J Geriatr Psychiatry Neurol. 2002 Summer;15(2):95-8. doi: 10.1177/089198870201500208.
Th determine if teaching caregivers behavior management techniques (BMTs) reduces long-term psychotropic use in Alzheimer's disease (AD) patients, we examined 12-month follow-up data from a 4-month randomized study comparing placebo, BMTs, trazodone, and haloperidol for the treatment of agitated behaviors in persons with AD. After 4 months, treatment was allowed with any agent. Between 42.8% and 51% of AD patients received additional psychotropics between 4 and 12 months. The relative risk of being prescribed any psychotropic drug after the 4-month trial was at or about 1.0 for subjects in each drug arm or placebo arm versus BMTs. We concluded that teaching caregivers BMTs did not diminish long-term prescription of psychotropic drugs.

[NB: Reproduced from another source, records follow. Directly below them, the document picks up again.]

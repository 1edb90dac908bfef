-- ===== src/ResultStore/Nominations.antt =====
-- What AddPostFilterResult leaves: an entry for each of the nodes, and the nomination of one.
use semvi_btp.Common.{
  ◌≡◌, refl, String, Bool, true, false, ◌&&◌, Option, some, List, [], ◌∷◌, inl, inr, returns, ◌==◌,
  eq_iff, arith, if◌then◌else◌, Bool-cases,
}
use semvi_btp.Common.GoMap.{GoMap, has, IsMade, MadeOf}
use semvi_btp.ResultStore.Defs.{Key, Store, new_key}
use semvi_btp.ResultStore.Writes.{current, with_result-Wrote}
use semvi_btp.ResultStore.Nodes.{text_at, ensure_node-HasNode, put_at-WroteAt}
use semvi_btp.ResultStore.Calls.{
  post_filters, step, post_filter_nodes, post_filter_nominated_message, add_post_filter_result,
}
use semvi_btp.ResultStore.Safety.{IsSound, current-IsFine, IsSound-IsMade}
use semvi_btp.ResultStore.Recorded.{current-Wrote, IsSound-after}

abbrev pub post_filter_text : Store → Key → String → String → Option String
post_filter_text s k node plugin = text_at (current s k).post_filter node plugin

-- The pod's result has an entry for the node, with or without a text.
abbrev pub has_post_filter : Store → Key → String → Bool
has_post_filter s k node = has (current s k).post_filter node

-- One of the names is the node.
abbrev pub listed : String → List String → Bool
listed node [] = false
listed node (n ∷ ns) = if n == node then true else listed node ns

-- The map after the loop over the names.
record Nominates (nominated plugin : String) (names : List String) (m t : GoMap (GoMap String))
    : Type 0 where
  pub texts :
      (n p : String)
      → text_at t n p ≡ (
          if listed n names && ((nominated == n) && (plugin == p))
          then some "preemption victim"
          else text_at m n p)
  pub nodes : (n : String) → has t n ≡ (if listed n names then true else has m n)

post_filter_nodes-Nominates :
    (nominated plugin : String) (names : List String) (m : GoMap (GoMap String))
    → MadeOf IsMade m
    → (t : GoMap (GoMap String)) × (post_filter_nodes nominated plugin names m ≡ returns t)
      × Nominates nominated plugin names m t
unfolding post_filter_nodes
post_filter_nodes-Nominates nominated plugin [] m h =
    (m, refl, record { texts = λ n p. refl; nodes = λ n. refl })
post_filter_nodes-Nominates nominated plugin (name ∷ names) m h =
    let (t, e, there) = ensure_node-HasNode name m h in
    let (u, q, wrote) =
      put_at-WroteAt name plugin post_filter_nominated_message t there.still_made there.there in
    elim (Bool-cases (name == nominated)) [
      | inl hit ↦
          let (v, r, later) =
            post_filter_nodes-Nominates nominated plugin names u wrote.still_made in
          (
            v,
            rw (e, hit, q) r,
            record {
              texts = λ n p. ground (
                arith,
                later.texts n p,
                wrote.texts n p,
                there.texts n p,
                eq_iff name nominated,
                eq_iff name n,
                eq_iff nominated n,
              );
              nodes = λ n. ground (arith, later.nodes n, wrote.nodes n, there.nodes n);
            },
          )
      | inr miss ↦
          let (v, r, later) =
            post_filter_nodes-Nominates nominated plugin names t there.still_made in
          (
            v,
            rw (e, miss) r,
            record {
              texts = λ n p. ground (
                arith,
                later.texts n p,
                there.texts n p,
                eq_iff name nominated,
                eq_iff name n,
                eq_iff nominated n,
              );
              nodes = λ n. ground (arith, later.nodes n, there.nodes n);
            },
          )
    ]

-- AddPostFilterResult on a sound store does not panic and leaves a sound store. For the pod, the
-- plugin and the nominated node, if that is among the nodes of the call, the text is that of a
-- preemption victim; all other texts of post-filters stay. Each of the nodes has an entry for the
-- pod, with a text or not, and no other node gets one.
pub step-post_filters :
    (ns pod nominated plugin : String) (names : List String) (s : Store)
    → IsSound s
    → let k = new_key ns pod in
      (t : Store) × (step ns pod (post_filters nominated plugin names) s ≡ returns t)
      × IsSound t
      × ((j : Key) (n p : String)
          → post_filter_text t j n p ≡ (
              if (k == j) && (listed n names && ((nominated == n) && (plugin == p)))
              then some "preemption victim"
              else post_filter_text s j n p))
      × ((j : Key) (n : String)
          → has_post_filter t j n
            ≡ (if (k == j) && listed n names then true else has_post_filter s j n))
unfolding step add_post_filter_result
step-post_filters ns pod nominated plugin names s h =
    let k = new_key ns pod in
    let old = current s k in
    let (m, e, after) =
      post_filter_nodes-Nominates nominated plugin names old.post_filter
        (current-IsFine s k h).post_filter in
    let (t, q, w) =
      with_result-Wrote k _ s (record old { post_filter = m }) (IsSound-IsMade s.results h)
        (rw e refl) in
    let now = λ (j : Key). current-Wrote k j (record old { post_filter = m }) s t w in
    (
      t,
      q,
      IsSound-after ns pod (post_filters nominated plugin names) s t h q,
      λ j n p. elim (Bool-cases (k == j)) [
        | inl hit ↦ ground (arith, now j, after.texts n p, (eq_iff k j).0 hit)
        | inr miss ↦ ground (arith, now j)
      ],
      λ j n. elim (Bool-cases (k == j)) [
        | inl hit ↦ ground (arith, now j, after.nodes n, (eq_iff k j).0 hit)
        | inr miss ↦ ground (arith, now j)
      ],
    )
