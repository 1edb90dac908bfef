-- ===== src/ResultStore/Texts.antt =====
-- What the store reads back after a filter result, a score and a normalized score.
use semvi_btp.Common.{◌≡◌, refl, ap, subst, ◌∙◌, String, Option, returns, ◌>>=◌, Ensures}
use semvi_btp.Common.GoMap.{IsMade, MadeOf}
use semvi_btp.Common.Int.{ℤ, format_int}
use semvi_btp.ResultStore.Defs.{Key, Store, new_key, with_result}
use semvi_btp.ResultStore.Writes.{current}
use semvi_btp.ResultStore.Nodes.{text_at}
use semvi_btp.ResultStore.Safety.{
  IsSound, Kept, step-Kept, current-IsFine, field-Kept, record_at-MadeOf,
}
use semvi_btp.ResultStore.Calls.{
  Call, filters, scores, normalizes, step, record_at, add_filter_result, apply_weight_on_score,
  add_normalized_score_result, add_normalized_score_result_without_lock, add_score_result,
}
use semvi_btp.ResultStore.Recorded.{
  filter_text, score_text, final_text, with_text, without_scores, SameButScores, kept_field, write,
  record_step, IsSound-after, set_filter, set_score, set_final,
}

filters_as :
    (ns pod node plugin reason : String) (s : Store)
    → step ns pod (filters node plugin reason) s
      ≡ with_result
          (new_key ns pod)
          (write (new_key ns pod) node plugin reason (λ r. r.filter) set_filter (λ r m. refl))
          s
unfolding step add_filter_result
filters_as ns pod node plugin reason s = refl

normalizes_as :
    (ns pod node plugin : String) (score : ℤ) (s : Store)
    → step ns pod (normalizes node plugin score) s
      ≡ with_result
          (new_key ns pod)
          (write
            (new_key ns pod)
            node
            plugin
            (format_int (apply_weight_on_score s plugin score))
            (λ r. r.final_score)
            set_final
            (λ r m. refl))
          s
unfolding step add_normalized_score_result add_normalized_score_result_without_lock
normalizes_as ns pod node plugin score s = refl

-- AddFilterResult on a sound store does not panic and leaves a sound store, whose filter texts are
-- as before but for the pod, node and plugin of the call, where the text is the reason.
pub step-filters :
    (ns pod node plugin reason : String) (s : Store)
    → IsSound s
    → (t : Store) × (step ns pod (filters node plugin reason) s ≡ returns t)
      × IsSound t
      × ((j : Key) (n p : String)
          → filter_text t j n p
            ≡ with_text (filter_text s) (new_key ns pod) node plugin reason j n p)
step-filters ns pod node plugin reason s h =
    let k = new_key ns pod in
    let (t, q, w) =
      record_step k node plugin reason (λ r. r.filter) set_filter (λ r m. refl) s h
        (current-IsFine s k h).filter in
    let e = filters_as ns pod node plugin reason s ∙ q in
    (t, e, IsSound-after ns pod _ s t h e, w.texts)

-- AddNormalizedScoreResult on a sound store does not panic and leaves a sound store, whose final
-- scores are as before but for the pod, node and plugin of the call, where the text is the decimal
-- text of the score times the plugin's weight, as an int64.
pub step-normalizes :
    (ns pod node plugin : String) (score : ℤ) (s : Store)
    → IsSound s
    → (t : Store) × (step ns pod (normalizes node plugin score) s ≡ returns t)
      × IsSound t
      × ((j : Key) (n p : String)
          → final_text t j n p
            ≡ with_text
                (final_text s)
                (new_key ns pod)
                node
                plugin
                (format_int (apply_weight_on_score s plugin score))
                j
                n
                p)
step-normalizes ns pod node plugin score s h =
    let k = new_key ns pod in
    let (t, q, w) =
      record_step k node plugin (format_int (apply_weight_on_score s plugin score))
        (λ r. r.final_score) set_final (λ r m. refl) s h (current-IsFine s k h).final_score in
    let e = normalizes_as ns pod node plugin score s ∙ q in
    (t, e, IsSound-after ns pod _ s t h e, w.texts)

-- No method changes the weights.
pub step-weight :
    (ns pod : String) (c : Call) (s t : Store)
    → IsSound s
    → step ns pod c s ≡ returns t
    → t.score_plugin_weight ≡ s.score_plugin_weight
step-weight ns pod c s t h e =
    (subst (Ensures (Kept (new_key ns pod) s)) e (step-Kept ns pod c s h)).weight

-- A weighted score depends on the weights alone.
pub same_weight :
    (s t : Store) (plugin : String) (score : ℤ)
    → t.score_plugin_weight ≡ s.score_plugin_weight
    → apply_weight_on_score t plugin score ≡ apply_weight_on_score s plugin score
unfolding apply_weight_on_score
same_weight s t plugin score e =
    ap (λ w. apply_weight_on_score (record s { score_plugin_weight = w }) plugin score) e

scores_as :
    (ns pod node plugin : String) (score : ℤ) (s : Store)
    → step ns pod (scores node plugin score) s ≡ (
        with_result
          (new_key ns pod)
          (write
            (new_key ns pod)
            node
            plugin
            (format_int score)
            (λ r. r.score)
            set_score
            (λ r m. refl))
          s
        >>= λ t. step ns pod (normalizes node plugin score) t)
unfolding step add_score_result add_normalized_score_result
scores_as ns pod node plugin score s = refl

-- AddScoreResult on a sound store does not panic and leaves a sound store. It records the decimal
-- text of the score, and as the final score the decimal text of the score times the plugin's weight,
-- as an int64, both for the pod, node and plugin of the call; all other scores stay, and so do all
-- other fields of the pod's result, the results of the other pods and the weights.
pub step-scores :
    (ns pod node plugin : String) (score : ℤ) (s : Store)
    → IsSound s
    → (t : Store) × (step ns pod (scores node plugin score) s ≡ returns t)
      × IsSound t
      × ((j : Key) (n p : String)
          → (score_text t j n p
              ≡ with_text (score_text s) (new_key ns pod) node plugin (format_int score) j n p)
            × (final_text t j n p
                ≡ with_text
                    (final_text s)
                    (new_key ns pod)
                    node
                    plugin
                    (format_int (apply_weight_on_score s plugin score))
                    j
                    n
                    p))
      × SameButScores s t
step-scores ns pod node plugin score s h =
    let k = new_key ns pod in
    let (t, q, w) =
      record_step k node plugin (format_int score) (λ r. r.score) set_score (λ r m. refl) s h
        (current-IsFine s k h).score in
    let g : IsSound t =
      (subst (Ensures (Kept k s)) q (
        field-Kept k (MadeOf IsMade) (λ r. record_at node plugin (format_int score) r.score)
          set_score s h (λ r f. record_at-MadeOf node plugin (format_int score) r.score f.score)
          (λ r f g p. assumption))).sound in
    let (u, q', w') =
      record_step k node plugin (format_int (apply_weight_on_score t plugin score))
        (λ r. r.final_score) set_final (λ r m. refl) t g (current-IsFine t k g).final_score in
    let e =
      scores_as ns pod node plugin score s
      ∙ ap (λ x. x >>= λ t. step ns pod (normalizes node plugin score) t) q
      ∙ normalizes_as ns pod node plugin score t
      ∙ q' in
    (
      u,
      e,
      IsSound-after ns pod _ s u h e,
      λ j n p. (
        ap (λ x. text_at x n p)
              (kept_field k (λ r. r.score) t u (set_final (current t k) w'.wrote_to) refl w'.wrote
                j)
            ∙ w.texts j n p,
        w'.texts j n p
            ∙ ap
                (λ (o : Option String).
                  with_text (λ i n p. o) k node plugin
                    (format_int (apply_weight_on_score t plugin score)) j n p)
                (ap (λ x. text_at x n p)
                  (kept_field k (λ r. r.final_score) s t (set_score (current s k) w.wrote_to) refl
                    w.wrote j))
            ∙ ap (λ x. with_text (final_text s) k node plugin (format_int x) j n p)
                (same_weight s t plugin score w.wrote.weight),
      ),
      (
        λ j.
            kept_field k without_scores t u (set_final (current t k) w'.wrote_to) refl w'.wrote j
            ∙ kept_field k without_scores s t (set_score (current s k) w.wrote_to) refl w.wrote j,
        w'.wrote.weight ∙ w.wrote.weight,
      ),
    )
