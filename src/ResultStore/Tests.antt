-- ===== src/ResultStore/Tests.antt =====
-- Sample calls of the result store.
use semvi_btp.Common.{
  ◌≢◌, ap, ◌≡◌, refl, String, true, some, List, [], ◌∷◌, returns, Ensures, ok, arith, ◌==◌, ◌&&◌,
  if◌then◌else◌,
}
use semvi_btp.Common.GoMap.{GoMap, nil_map, made, lookup, get}
use semvi_btp.Common.Int.{ℤ, pos, negsuc, format_int}
use semvi_btp.ResultStore.Defs.{Key, Result, Store, new, new_key, new_data}
use semvi_btp.ResultStore.Writes.{view}
use semvi_btp.ResultStore.Calls.{
  PodCall, step, run, filters, post_filters, scores, customs, deletes, apply_weight_on_score,
  delete_data,
}
use semvi_btp.ResultStore.Safety.{IsSound, Others, new-IsSound, run-IsSound, run-Others}
use semvi_btp.ResultStore.Recorded.{filter_text, score_text, final_text, with_text, SameButScores}
use semvi_btp.ResultStore.Nominations.{post_filter_text, has_post_filter, listed, step-post_filters}
use semvi_btp.ResultStore.Texts.{step-filters, step-scores}
use semvi_btp.ResultStore.Stored.{Payload, texts, text_lists, nested, get_stored_result}
use semvi_btp.ResultStore.Keys.{slash, new_key-injective}
use Prim.Native.Char.{Char, code}
use semvi_btp.ResultStore.Deleted.{get_stored_result-delete_data}
use semvi_btp.ResultStore.Fills.{annotations}
use semvi_btp.ResultStore.Annotations.{get-get_stored_result}

abbrev weights : GoMap ℤ
weights = made (("NodeResourcesFit", pos 2) ∷ [])

abbrev fresh : Store
fresh = new weights

abbrev sample_calls : List PodCall
sample_calls =
    ("default", "pod1", filters "node1" "NodeResourcesFit" "passed")
    ∷ ("default", "pod1", scores "node1" "NodeResourcesFit" (pos 30))
    ∷ ("default", "pod2", post_filters "node2" "DefaultPreemption" ("node1" ∷ "node2" ∷ []))
    ∷ ("default", "pod1", deletes)
    ∷ ("default", "pod1", customs "key" "text")
    ∷ []

final_score_runs : format_int (apply_weight_on_score fresh "NodeResourcesFit" (negsuc 29)) ≡ "-60"
unfolding new format_int apply_weight_on_score lookup
final_score_runs = refl

run-IsSound_example : Ensures IsSound (run sample_calls fresh)
run-IsSound_example = run-IsSound sample_calls fresh (new-IsSound weights)

Others-hold : Others "default/pod3" sample_calls
unfolding new_key
Others-hold = (refl, (refl, (refl, (refl, (refl, tt)))))

run-Others_example :
    Ensures (λ t. view t "default/pod3" ≡ view fresh "default/pod3") (run sample_calls fresh)
run-Others_example = run-Others "default/pod3" sample_calls fresh (new-IsSound weights) Others-hold

step-filters_example :
    (t : Store) × (step "default" "pod1" (filters "node1" "NodeName" "passed") fresh ≡ returns t)
    × IsSound t
    × ((j : Key) (n p : String)
        → filter_text t j n p
          ≡ with_text
              (filter_text fresh)
              (new_key "default" "pod1")
              "node1"
              "NodeName"
              "passed"
              j
              n
              p)
step-filters_example =
    step-filters "default" "pod1" "node1" "NodeName" "passed" fresh (new-IsSound weights)

step-scores_example :
    (t : Store) × (step "default" "pod1" (scores "node1" "NodeResourcesFit" (pos 50)) fresh
      ≡ returns t)
    × IsSound t
    × ((j : Key) (n p : String)
        → (score_text t j n p
            ≡ with_text
                (score_text fresh)
                (new_key "default" "pod1")
                "node1"
                "NodeResourcesFit"
                (format_int (pos 50))
                j
                n
                p)
          × (final_text t j n p
              ≡ with_text
                  (final_text fresh)
                  (new_key "default" "pod1")
                  "node1"
                  "NodeResourcesFit"
                  (format_int (apply_weight_on_score fresh "NodeResourcesFit" (pos 50)))
                  j
                  n
                  p))
    × SameButScores fresh t
step-scores_example =
    step-scores "default" "pod1" "node1" "NodeResourcesFit" (pos 50) fresh (new-IsSound weights)

abbrev three_nodes : List String
three_nodes = "node1" ∷ "node2" ∷ "node3" ∷ []

step-post_filters_example :
    (t : Store) × (step "default" "pod1"
        (post_filters "node2" "DefaultPreemption" three_nodes)
        fresh
      ≡ returns t)
    × IsSound t
    × ((j : Key) (n p : String)
        → post_filter_text t j n p ≡ (
            if (new_key "default" "pod1" == j)
              && (listed n three_nodes && (("node2" == n) && ("DefaultPreemption" == p)))
            then some "preemption victim"
            else post_filter_text fresh j n p))
    × ((j : Key) (n : String)
        → has_post_filter t j n ≡ (
            if (new_key "default" "pod1" == j) && listed n three_nodes
            then true
            else has_post_filter fresh j n))
step-post_filters_example =
    step-post_filters "default" "pod1" "node2" "DefaultPreemption" three_nodes fresh
      (new-IsSound weights)

-- A pod with a custom result.
abbrev recorded : Result
recorded = record new_data { custom_results = made (("key", "text") ∷ []); selected_node = "node1" }

abbrev filled : Store
filled = record { results = made (("default/pod1", recorded) ∷ []); score_plugin_weight = weights }

abbrev text_of : Payload → String
text_of (texts m) = "texts"
text_of (text_lists m) = "lists"
text_of (nested m) = "nested"

filled-IsSound : IsSound filled
unfolding new_data
filled-IsSound = omega arith

view-filled : view filled (new_key "default" "pod1") ≡ some recorded
unfolding new_key lookup
view-filled = refl

get-get_stored_result_example :
    (anno : GoMap String) × (t : Store) × (get_stored_result
        (λ p. ok (text_of p))
        "default"
        "pod1"
        filled
      ≡ returns (anno, t))
    × ((k : String) → get anno k ≡ lookup k (annotations text_of recorded))
    × ((j : Key) → view t j ≡ view filled j)
get-get_stored_result_example =
    get-get_stored_result text_of "default" "pod1" filled recorded filled-IsSound view-filled

get_stored_result-delete_data_example :
    get_stored_result (λ p. ok (text_of p)) "default" "pod1" (delete_data "default" "pod1" filled)
    ≡ returns (nil_map, delete_data "default" "pod1" filled)
get_stored_result-delete_data_example =
    get_stored_result-delete_data (λ p. ok (text_of p)) "default" "pod1" filled

n_no_slash : ◌≢◌ {A = Char} "n" slash
n_no_slash e = let q = ap code e in omega arith

s_no_slash : ◌≢◌ {A = Char} "s" slash
s_no_slash e = let q = ap code e in omega arith

new_key-injective_example : ◌≡◌ {A = String} "ns" "ns" × ◌≡◌ {A = String} "pod1" "pod1"
new_key-injective_example =
    new_key-injective "ns" "ns" "pod1" "pod1" (n_no_slash, (s_no_slash, tt))
      (n_no_slash, (s_no_slash, tt)) refl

为了确定教导护理人员行为管理技术(BMTs)是否能减少阿尔茨海默病(AD)患者长期使用精神药物的情况,我们研究了一项为期4个月的随机研究的12个月随访数据,该研究比较了安慰剂、BMTs、曲唑酮和氟哌啶醇对AD患者激越行为的治疗效果。4个月后,允许使用任何药物进行治疗。在4至12个月期间,42.8%至51%的AD患者接受了额外的精神药物治疗。与BMTs相比,在4个月试验后,每个药物组或安慰剂组的受试者被开具任何精神药物的相对风险为1.0或约为1.0。我们得出结论,教导护理人员BMTs并不能减少精神药物的长期处方。